## ABOUT THIS TASK
Copying exactly, give the lines in the material below from the one with "overlay_total [] = 0" to the one with "Distinct [] = Unit", ends included, and nothing besides.

[DATA SHOWN]

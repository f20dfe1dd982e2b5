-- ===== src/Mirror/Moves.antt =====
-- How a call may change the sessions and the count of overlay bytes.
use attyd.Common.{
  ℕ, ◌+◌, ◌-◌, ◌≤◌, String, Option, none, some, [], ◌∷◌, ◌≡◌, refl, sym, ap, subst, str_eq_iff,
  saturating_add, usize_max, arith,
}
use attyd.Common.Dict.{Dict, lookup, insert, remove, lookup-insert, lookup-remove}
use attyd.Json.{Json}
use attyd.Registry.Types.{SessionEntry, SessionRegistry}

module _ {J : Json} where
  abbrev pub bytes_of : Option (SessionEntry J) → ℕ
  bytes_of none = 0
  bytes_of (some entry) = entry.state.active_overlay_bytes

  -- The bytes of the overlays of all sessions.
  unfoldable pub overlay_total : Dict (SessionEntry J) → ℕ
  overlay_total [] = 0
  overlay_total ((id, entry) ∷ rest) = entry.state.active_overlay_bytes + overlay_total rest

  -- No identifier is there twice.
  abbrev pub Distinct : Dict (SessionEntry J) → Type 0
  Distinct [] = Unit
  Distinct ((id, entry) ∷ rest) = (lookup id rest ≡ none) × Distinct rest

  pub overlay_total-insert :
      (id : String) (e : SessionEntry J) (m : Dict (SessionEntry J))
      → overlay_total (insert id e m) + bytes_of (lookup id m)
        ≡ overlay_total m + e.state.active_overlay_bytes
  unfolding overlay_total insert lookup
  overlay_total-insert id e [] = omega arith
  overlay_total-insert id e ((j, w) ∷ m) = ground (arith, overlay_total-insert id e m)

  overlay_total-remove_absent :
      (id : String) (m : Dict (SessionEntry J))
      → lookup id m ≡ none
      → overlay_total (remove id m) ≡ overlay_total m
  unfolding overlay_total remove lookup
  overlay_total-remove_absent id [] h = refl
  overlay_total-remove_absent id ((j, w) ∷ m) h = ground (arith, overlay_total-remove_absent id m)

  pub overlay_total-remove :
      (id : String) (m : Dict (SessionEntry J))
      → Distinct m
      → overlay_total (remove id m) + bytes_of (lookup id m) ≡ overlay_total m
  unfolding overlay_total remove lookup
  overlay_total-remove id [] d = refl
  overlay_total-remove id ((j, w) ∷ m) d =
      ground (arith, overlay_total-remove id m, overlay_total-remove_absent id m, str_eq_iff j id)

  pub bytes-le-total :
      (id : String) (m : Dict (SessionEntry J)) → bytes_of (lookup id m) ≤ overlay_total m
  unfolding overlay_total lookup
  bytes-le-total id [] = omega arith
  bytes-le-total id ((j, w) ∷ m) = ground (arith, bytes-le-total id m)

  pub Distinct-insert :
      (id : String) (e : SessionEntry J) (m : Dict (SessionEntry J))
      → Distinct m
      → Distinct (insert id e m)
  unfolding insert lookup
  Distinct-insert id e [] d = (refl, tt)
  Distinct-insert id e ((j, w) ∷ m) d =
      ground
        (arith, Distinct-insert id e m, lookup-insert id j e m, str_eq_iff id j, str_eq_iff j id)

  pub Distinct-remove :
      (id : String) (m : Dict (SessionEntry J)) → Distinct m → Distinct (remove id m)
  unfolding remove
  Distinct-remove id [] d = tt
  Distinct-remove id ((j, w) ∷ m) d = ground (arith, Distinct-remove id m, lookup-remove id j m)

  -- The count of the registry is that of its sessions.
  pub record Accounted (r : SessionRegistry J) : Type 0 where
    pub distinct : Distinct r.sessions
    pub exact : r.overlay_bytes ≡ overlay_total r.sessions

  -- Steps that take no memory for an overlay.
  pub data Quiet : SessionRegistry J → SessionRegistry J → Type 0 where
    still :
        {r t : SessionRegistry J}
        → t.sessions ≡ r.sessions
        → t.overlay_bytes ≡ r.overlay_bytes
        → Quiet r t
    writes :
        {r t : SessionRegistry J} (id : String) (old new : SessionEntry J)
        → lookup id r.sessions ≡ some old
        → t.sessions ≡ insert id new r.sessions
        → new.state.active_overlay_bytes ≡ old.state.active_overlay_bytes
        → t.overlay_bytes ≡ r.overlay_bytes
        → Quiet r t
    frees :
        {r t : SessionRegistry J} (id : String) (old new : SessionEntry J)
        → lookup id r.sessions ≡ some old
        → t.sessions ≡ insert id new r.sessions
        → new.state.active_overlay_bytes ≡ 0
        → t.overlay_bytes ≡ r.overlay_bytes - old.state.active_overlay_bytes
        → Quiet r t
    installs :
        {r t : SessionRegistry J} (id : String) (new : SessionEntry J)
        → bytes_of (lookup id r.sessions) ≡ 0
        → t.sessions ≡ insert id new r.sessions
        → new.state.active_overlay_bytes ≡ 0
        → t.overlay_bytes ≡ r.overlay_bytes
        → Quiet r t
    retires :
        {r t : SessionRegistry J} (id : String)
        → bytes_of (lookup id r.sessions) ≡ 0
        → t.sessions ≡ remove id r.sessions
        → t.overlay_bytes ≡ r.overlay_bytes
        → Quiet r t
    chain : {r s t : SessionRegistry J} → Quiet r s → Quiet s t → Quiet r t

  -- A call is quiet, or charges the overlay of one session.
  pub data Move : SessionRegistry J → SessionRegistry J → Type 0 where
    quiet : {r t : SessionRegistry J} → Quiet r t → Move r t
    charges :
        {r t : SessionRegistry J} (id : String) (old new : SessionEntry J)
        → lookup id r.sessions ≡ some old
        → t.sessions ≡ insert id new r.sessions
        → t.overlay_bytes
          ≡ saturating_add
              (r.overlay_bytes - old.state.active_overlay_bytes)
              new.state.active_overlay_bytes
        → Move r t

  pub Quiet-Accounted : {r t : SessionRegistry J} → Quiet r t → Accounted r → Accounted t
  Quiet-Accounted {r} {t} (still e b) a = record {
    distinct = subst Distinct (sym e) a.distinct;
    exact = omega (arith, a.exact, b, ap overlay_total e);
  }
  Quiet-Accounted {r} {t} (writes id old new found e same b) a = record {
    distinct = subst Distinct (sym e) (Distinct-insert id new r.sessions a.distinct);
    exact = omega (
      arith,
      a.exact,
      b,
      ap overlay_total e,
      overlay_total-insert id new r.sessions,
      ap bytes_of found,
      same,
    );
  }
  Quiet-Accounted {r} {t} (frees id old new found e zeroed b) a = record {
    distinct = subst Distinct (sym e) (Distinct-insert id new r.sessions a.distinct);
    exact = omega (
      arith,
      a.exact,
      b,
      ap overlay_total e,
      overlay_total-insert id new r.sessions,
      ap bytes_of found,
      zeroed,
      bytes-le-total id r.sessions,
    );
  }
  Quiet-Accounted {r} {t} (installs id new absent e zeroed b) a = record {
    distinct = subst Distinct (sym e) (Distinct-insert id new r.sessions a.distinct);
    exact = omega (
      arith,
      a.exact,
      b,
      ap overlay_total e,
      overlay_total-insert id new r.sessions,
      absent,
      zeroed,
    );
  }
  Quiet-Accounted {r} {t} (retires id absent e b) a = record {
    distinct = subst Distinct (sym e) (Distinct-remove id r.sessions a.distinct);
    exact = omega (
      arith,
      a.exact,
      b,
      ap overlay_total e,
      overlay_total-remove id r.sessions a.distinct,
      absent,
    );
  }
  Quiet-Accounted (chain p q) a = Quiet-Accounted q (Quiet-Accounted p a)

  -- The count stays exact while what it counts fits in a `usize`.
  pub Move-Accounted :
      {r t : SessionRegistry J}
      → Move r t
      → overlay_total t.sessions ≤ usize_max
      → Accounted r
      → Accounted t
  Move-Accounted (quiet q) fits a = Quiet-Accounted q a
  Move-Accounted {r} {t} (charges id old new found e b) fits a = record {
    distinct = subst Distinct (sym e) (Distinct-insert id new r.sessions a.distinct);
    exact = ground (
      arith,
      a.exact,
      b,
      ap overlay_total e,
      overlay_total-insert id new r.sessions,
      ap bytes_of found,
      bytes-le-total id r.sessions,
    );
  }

[/DATA SHOWN]

## WRITTEN ANSWER
  overlay_total [] = 0
  overlay_total ((id, entry) ∷ rest) = entry.state.active_overlay_bytes + overlay_total rest

  -- No identifier is there twice.
  abbrev pub Distinct : Dict (SessionEntry J) → Type 0
  Distinct [] = Unit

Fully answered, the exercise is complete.